### [EXERCISE]
Nothing but the lines from the one containing "Mem-matching (v ∷ vs) (Memᴰ.head" through the one containing "inr (p, q) ↦", both included, should be given again, each exactly as written below.

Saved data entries
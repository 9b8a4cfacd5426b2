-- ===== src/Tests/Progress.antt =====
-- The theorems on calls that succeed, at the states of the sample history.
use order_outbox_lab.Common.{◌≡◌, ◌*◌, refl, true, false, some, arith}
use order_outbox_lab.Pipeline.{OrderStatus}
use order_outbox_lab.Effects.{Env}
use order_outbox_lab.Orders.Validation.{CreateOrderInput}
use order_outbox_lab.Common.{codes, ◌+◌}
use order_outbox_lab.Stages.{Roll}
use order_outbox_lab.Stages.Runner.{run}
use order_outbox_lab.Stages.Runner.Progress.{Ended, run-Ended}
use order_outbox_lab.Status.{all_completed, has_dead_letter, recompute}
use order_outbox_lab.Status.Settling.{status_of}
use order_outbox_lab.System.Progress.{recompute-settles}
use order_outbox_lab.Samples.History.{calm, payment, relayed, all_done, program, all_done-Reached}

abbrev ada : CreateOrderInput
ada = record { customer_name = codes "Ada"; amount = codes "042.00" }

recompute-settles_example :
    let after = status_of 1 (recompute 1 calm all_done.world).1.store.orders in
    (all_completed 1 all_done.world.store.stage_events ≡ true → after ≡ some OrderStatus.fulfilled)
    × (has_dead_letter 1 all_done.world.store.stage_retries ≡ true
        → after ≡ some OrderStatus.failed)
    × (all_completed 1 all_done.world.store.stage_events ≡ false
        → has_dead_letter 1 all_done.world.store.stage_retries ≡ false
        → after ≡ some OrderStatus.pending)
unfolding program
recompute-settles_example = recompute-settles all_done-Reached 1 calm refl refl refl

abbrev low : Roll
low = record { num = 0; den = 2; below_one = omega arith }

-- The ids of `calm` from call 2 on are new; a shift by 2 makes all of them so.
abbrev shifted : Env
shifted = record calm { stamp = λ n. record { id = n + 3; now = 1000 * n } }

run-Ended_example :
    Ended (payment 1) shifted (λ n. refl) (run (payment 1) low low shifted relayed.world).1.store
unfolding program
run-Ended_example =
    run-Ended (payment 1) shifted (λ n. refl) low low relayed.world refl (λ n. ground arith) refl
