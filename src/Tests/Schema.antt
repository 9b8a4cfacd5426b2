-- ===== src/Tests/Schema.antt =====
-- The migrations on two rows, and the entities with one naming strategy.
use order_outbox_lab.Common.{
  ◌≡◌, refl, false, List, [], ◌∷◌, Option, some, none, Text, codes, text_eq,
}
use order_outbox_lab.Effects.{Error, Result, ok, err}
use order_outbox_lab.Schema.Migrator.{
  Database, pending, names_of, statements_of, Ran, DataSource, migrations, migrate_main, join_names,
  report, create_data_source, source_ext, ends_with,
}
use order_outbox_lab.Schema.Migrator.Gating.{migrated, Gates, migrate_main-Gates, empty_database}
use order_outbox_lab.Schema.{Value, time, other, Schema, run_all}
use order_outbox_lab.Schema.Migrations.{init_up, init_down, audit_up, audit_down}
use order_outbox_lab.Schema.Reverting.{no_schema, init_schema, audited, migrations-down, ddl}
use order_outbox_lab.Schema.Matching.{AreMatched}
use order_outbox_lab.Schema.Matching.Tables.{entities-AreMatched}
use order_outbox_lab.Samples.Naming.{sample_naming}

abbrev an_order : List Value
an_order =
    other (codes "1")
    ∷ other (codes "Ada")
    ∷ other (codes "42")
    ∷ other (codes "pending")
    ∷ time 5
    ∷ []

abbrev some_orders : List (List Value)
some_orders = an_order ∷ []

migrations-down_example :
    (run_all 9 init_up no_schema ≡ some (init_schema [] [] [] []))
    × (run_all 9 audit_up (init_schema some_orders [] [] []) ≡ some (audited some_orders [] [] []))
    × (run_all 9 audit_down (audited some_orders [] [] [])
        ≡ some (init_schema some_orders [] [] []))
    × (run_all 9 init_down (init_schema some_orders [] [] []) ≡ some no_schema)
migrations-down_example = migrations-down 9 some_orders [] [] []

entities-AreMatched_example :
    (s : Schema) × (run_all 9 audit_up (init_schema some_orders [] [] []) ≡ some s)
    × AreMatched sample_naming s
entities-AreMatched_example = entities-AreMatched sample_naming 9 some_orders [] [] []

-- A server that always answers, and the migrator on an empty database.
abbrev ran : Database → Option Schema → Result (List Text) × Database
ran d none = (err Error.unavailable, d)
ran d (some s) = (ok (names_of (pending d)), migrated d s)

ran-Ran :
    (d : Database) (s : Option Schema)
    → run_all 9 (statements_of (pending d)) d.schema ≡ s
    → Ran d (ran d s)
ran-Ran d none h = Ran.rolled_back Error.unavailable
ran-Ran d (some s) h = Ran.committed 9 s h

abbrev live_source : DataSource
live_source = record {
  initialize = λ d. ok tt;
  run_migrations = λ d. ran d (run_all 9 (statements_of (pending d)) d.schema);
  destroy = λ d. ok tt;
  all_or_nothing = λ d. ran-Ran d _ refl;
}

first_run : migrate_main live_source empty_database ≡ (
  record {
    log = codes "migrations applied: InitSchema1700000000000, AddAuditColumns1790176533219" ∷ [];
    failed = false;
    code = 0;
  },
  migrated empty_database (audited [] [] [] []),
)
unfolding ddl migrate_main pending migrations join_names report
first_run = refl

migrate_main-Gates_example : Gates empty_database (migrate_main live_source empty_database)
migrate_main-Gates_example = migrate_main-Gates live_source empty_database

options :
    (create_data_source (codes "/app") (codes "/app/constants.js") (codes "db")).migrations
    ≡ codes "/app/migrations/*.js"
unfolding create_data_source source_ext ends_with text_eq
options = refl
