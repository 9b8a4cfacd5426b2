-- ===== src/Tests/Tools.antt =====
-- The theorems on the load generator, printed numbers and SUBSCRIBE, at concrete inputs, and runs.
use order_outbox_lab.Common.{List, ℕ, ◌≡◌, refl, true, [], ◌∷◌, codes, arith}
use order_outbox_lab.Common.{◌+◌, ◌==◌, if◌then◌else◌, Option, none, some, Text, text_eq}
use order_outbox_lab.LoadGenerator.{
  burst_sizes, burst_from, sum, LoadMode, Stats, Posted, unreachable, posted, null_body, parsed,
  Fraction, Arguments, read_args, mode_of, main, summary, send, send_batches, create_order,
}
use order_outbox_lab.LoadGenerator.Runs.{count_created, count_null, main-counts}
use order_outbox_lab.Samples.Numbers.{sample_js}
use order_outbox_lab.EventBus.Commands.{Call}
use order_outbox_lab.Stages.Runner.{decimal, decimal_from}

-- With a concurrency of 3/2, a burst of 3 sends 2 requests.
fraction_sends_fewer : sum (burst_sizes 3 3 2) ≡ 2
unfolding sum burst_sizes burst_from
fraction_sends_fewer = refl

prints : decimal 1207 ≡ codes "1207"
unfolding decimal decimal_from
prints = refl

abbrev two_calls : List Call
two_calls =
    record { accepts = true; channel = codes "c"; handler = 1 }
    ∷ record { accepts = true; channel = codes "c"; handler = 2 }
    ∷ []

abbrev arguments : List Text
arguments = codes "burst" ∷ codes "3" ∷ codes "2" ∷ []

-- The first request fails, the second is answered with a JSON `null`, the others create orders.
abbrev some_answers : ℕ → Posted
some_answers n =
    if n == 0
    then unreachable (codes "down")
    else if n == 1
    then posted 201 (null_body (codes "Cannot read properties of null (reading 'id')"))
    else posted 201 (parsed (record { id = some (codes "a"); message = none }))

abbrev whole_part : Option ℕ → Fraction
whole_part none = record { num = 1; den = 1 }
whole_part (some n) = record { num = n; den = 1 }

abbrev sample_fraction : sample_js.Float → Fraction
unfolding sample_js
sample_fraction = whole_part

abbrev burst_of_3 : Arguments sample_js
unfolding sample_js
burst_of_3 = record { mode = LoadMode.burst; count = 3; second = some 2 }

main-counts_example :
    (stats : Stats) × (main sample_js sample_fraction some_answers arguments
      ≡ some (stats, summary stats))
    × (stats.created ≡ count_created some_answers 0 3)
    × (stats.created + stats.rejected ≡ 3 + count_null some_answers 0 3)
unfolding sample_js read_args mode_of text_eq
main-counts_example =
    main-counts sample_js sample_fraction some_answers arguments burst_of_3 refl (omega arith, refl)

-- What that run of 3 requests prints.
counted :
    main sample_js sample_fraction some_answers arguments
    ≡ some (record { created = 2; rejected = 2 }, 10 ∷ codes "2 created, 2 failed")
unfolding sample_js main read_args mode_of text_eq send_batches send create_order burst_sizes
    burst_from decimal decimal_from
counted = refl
---
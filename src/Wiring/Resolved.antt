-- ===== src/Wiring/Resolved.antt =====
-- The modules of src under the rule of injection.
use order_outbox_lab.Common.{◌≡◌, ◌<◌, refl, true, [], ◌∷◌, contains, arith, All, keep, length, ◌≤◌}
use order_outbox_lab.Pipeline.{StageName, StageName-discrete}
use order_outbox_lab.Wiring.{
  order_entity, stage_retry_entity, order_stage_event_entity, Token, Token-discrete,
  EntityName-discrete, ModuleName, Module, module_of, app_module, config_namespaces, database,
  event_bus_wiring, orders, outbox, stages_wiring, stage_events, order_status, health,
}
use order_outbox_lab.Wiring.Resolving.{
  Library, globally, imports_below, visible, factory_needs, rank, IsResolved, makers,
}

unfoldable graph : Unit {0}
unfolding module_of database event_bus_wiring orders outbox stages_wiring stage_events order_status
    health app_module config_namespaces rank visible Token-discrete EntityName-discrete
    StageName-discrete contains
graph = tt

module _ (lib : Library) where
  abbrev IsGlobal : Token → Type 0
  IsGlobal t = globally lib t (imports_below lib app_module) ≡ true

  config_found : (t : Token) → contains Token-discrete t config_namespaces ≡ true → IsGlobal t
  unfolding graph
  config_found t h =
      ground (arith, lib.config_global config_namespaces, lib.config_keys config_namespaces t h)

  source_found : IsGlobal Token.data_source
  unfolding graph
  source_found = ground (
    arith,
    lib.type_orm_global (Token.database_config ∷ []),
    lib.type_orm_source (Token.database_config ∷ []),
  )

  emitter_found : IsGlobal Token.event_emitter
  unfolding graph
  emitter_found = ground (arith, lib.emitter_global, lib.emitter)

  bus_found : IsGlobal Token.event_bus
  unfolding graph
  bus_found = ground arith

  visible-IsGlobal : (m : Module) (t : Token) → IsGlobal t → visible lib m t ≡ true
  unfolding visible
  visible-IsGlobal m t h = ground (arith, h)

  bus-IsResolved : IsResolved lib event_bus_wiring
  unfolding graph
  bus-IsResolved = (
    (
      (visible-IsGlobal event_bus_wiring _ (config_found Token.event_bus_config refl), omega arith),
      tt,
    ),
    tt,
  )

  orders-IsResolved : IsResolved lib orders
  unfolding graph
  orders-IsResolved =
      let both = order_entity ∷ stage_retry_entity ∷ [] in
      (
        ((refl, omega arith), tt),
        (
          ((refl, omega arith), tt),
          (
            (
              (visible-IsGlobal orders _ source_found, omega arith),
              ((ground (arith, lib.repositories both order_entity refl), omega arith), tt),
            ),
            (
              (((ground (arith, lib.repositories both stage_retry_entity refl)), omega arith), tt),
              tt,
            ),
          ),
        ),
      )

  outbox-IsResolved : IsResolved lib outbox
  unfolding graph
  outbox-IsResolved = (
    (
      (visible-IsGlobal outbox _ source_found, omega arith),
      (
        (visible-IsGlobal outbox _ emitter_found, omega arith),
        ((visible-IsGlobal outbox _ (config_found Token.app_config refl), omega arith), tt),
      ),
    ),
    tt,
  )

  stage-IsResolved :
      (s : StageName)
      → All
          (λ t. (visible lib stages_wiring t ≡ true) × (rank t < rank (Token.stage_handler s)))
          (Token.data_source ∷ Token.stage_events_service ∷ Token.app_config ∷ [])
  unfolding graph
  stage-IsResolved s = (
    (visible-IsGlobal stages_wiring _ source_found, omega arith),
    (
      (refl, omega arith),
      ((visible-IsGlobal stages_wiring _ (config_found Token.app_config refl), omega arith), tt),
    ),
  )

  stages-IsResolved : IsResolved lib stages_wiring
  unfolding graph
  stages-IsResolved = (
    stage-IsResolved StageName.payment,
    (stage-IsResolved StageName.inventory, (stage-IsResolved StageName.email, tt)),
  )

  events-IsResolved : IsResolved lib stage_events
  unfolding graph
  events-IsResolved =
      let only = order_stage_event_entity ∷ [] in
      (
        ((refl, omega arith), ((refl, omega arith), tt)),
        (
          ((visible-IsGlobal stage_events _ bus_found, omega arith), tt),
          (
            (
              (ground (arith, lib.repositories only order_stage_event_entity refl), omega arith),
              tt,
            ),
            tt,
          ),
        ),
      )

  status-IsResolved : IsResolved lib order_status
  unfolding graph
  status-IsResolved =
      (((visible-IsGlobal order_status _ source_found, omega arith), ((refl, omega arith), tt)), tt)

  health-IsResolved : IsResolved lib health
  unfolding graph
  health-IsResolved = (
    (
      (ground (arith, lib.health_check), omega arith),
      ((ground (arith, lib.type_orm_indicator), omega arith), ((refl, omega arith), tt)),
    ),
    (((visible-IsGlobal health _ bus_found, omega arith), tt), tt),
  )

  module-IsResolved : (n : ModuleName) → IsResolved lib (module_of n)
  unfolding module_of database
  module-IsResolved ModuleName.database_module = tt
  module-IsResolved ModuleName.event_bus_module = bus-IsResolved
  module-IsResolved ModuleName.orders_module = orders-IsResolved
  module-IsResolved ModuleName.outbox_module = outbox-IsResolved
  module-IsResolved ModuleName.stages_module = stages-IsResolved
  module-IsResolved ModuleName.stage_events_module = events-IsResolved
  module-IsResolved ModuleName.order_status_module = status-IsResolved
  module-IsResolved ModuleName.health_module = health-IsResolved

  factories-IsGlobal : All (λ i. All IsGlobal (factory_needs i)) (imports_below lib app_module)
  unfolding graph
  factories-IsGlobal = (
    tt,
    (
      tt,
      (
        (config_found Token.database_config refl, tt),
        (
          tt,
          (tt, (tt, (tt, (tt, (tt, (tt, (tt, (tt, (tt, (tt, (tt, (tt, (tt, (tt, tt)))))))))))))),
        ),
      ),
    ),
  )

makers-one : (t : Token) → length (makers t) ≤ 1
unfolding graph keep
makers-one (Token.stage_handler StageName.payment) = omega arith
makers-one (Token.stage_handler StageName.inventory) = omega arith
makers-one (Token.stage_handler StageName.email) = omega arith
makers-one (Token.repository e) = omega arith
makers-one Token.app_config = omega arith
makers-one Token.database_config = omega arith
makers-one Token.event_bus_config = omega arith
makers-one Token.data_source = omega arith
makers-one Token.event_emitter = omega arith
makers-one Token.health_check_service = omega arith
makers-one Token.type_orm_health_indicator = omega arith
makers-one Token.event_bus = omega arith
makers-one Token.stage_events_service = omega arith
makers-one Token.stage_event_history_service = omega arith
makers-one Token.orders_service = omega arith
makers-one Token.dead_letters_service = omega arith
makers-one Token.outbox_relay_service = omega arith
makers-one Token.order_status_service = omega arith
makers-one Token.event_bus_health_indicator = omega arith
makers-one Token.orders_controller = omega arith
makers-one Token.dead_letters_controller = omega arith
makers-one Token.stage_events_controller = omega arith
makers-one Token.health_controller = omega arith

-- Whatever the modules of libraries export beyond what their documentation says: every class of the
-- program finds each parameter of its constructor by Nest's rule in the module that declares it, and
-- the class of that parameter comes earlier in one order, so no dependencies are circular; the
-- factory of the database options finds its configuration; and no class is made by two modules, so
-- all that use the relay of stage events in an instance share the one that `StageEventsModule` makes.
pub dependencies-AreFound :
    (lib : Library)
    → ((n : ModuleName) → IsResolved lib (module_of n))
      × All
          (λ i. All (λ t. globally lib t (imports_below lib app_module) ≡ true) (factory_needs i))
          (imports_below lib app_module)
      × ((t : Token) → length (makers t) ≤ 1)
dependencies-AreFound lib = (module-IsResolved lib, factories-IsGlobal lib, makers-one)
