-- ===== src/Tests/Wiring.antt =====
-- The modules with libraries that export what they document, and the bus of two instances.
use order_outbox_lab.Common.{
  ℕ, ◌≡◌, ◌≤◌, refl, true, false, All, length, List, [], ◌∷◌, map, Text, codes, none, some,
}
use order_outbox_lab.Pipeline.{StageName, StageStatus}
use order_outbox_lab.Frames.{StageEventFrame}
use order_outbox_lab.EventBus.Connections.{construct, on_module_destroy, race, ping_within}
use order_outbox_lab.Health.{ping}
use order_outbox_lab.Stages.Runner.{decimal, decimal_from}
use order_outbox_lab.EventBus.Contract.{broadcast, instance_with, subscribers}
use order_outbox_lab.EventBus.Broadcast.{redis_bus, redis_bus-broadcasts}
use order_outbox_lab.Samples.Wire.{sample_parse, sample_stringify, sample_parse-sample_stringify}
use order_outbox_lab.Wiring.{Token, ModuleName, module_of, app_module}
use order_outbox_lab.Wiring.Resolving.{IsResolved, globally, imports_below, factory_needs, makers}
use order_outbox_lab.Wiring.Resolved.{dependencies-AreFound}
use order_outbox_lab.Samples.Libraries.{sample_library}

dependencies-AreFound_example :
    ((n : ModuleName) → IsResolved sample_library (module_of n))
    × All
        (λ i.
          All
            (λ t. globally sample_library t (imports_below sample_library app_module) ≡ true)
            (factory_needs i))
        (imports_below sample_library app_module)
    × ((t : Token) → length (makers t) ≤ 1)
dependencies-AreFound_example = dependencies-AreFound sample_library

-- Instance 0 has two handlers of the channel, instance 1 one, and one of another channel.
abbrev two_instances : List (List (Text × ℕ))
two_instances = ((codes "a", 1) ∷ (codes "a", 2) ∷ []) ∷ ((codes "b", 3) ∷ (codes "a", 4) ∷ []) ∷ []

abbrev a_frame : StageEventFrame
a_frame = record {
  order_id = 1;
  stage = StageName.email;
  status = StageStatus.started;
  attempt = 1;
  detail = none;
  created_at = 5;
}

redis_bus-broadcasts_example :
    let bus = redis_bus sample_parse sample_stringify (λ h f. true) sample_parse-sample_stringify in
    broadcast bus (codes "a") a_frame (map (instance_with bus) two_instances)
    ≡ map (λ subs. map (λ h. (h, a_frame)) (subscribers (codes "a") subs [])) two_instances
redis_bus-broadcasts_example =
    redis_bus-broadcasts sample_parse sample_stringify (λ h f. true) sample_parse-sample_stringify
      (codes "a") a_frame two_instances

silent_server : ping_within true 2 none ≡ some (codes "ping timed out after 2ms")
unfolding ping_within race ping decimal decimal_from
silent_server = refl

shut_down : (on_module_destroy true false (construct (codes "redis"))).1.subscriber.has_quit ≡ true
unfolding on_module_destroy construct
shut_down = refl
--
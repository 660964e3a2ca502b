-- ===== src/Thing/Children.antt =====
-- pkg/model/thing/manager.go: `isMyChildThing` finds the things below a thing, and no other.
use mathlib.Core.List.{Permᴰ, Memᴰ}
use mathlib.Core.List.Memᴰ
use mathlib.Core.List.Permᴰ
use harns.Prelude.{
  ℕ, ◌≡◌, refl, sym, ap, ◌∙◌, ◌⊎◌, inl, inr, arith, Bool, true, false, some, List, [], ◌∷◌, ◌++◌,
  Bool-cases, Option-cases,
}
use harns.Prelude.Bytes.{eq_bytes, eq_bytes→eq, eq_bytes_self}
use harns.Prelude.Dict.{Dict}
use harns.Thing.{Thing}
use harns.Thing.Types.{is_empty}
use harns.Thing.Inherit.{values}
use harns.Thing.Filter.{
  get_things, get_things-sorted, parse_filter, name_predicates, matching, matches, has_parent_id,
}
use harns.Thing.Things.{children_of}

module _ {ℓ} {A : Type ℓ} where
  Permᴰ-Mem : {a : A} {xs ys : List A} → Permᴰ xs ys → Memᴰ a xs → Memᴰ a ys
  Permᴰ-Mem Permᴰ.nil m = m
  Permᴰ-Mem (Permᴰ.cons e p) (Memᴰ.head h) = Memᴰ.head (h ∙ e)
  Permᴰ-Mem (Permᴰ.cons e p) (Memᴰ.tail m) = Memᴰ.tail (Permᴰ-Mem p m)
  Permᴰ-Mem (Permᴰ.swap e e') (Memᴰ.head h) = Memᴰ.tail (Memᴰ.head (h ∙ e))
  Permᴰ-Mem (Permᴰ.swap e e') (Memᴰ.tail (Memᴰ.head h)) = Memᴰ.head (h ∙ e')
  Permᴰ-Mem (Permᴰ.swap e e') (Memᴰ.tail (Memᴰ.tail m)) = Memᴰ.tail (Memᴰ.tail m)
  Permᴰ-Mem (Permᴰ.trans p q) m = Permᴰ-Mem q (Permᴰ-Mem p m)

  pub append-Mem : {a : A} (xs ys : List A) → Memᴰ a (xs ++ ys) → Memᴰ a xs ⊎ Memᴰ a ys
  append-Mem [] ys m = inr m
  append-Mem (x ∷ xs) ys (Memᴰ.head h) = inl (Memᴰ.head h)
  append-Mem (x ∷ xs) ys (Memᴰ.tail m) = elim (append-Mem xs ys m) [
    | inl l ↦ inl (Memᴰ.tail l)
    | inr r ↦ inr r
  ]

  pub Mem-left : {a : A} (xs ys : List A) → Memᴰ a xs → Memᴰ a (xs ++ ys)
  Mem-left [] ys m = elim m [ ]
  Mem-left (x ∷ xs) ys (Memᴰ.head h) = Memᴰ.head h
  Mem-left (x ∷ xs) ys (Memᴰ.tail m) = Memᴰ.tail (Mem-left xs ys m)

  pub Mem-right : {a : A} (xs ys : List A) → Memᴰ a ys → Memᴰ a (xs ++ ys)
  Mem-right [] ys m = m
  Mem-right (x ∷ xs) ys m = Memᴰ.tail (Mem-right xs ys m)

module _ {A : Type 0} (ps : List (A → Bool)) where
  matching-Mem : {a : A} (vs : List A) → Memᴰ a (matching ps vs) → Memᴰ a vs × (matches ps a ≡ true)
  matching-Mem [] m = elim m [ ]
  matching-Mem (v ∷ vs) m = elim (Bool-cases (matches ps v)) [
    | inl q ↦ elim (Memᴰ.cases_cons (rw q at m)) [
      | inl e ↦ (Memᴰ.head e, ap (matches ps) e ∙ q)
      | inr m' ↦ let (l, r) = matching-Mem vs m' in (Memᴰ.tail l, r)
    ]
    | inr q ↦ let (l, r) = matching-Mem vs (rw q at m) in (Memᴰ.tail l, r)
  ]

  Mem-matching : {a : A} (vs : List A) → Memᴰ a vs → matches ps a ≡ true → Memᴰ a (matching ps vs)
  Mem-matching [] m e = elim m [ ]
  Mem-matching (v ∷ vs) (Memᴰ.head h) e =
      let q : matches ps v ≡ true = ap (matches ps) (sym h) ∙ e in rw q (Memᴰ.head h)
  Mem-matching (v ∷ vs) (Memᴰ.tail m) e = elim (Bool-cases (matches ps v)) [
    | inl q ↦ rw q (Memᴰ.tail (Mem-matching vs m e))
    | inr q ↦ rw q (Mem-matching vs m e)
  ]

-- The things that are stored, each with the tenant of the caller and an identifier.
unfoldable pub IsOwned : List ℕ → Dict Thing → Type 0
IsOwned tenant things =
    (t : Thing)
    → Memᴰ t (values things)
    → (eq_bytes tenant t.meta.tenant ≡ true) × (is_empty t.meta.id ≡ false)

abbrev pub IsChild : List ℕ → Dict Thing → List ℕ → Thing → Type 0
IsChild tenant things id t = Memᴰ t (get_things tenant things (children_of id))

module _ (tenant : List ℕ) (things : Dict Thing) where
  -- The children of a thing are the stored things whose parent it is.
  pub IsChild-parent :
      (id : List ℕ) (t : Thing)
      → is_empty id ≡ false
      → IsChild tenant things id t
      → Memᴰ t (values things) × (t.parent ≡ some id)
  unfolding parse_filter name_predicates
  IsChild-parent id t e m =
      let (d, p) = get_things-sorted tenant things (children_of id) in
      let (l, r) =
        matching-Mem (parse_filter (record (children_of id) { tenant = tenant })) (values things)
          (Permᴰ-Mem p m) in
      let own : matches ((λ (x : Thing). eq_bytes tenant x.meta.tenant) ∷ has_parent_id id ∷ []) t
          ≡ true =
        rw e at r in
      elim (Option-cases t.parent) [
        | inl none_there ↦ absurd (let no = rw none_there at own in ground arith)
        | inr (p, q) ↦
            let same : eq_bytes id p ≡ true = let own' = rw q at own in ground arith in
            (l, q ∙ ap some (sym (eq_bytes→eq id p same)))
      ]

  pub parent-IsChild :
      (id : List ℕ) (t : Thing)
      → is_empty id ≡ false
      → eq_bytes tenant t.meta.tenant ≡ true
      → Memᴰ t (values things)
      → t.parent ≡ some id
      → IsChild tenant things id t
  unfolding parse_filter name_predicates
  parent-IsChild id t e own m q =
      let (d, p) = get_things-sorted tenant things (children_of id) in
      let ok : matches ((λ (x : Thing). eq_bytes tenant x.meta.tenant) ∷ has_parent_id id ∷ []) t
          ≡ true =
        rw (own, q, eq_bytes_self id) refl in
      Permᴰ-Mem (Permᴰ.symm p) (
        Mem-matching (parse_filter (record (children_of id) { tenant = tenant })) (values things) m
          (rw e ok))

### [WRITTEN REPLY]
  Mem-matching (v ∷ vs) (Memᴰ.head h) e =
      let q : matches ps v ≡ true = ap (matches ps) (sym h) ∙ e in rw q (Memᴰ.head h)
  Mem-matching (v ∷ vs) (Memᴰ.tail m) e = elim (Bool-cases (matches ps v)) [
    | inl q ↦ rw q (Memᴰ.tail (Mem-matching vs m e))
    | inr q ↦ rw q (Mem-matching vs m e)
  ]

-- The things that are stored, each with the tenant of the caller and an identifier.
unfoldable pub IsOwned : List ℕ → Dict Thing → Type 0
IsOwned tenant things =
    (t : Thing)
    → Memᴰ t (values things)
    → (eq_bytes tenant t.meta.tenant ≡ true) × (is_empty t.meta.id ≡ false)

abbrev pub IsChild : List ℕ → Dict Thing → List ℕ → Thing → Type 0
IsChild tenant things id t = Memᴰ t (get_things tenant things (children_of id))

module _ (tenant : List ℕ) (things : Dict Thing) where
  -- The children of a thing are the stored things whose parent it is.
  pub IsChild-parent :
      (id : List ℕ) (t : Thing)
      → is_empty id ≡ false
      → IsChild tenant things id t
      → Memᴰ t (values things) × (t.parent ≡ some id)
  unfolding parse_filter name_predicates
  IsChild-parent id t e m =
      let (d, p) = get_things-sorted tenant things (children_of id) in
      let (l, r) =
        matching-Mem (parse_filter (record (children_of id) { tenant = tenant })) (values things)
          (Permᴰ-Mem p m) in
      let own : matches ((λ (x : Thing). eq_bytes tenant x.meta.tenant) ∷ has_parent_id id ∷ []) t
          ≡ true =
        rw e at r in
      elim (Option-cases t.parent) [
        | inl none_there ↦ absurd (let no = rw none_there at own in ground arith)
        | inr (p, q) ↦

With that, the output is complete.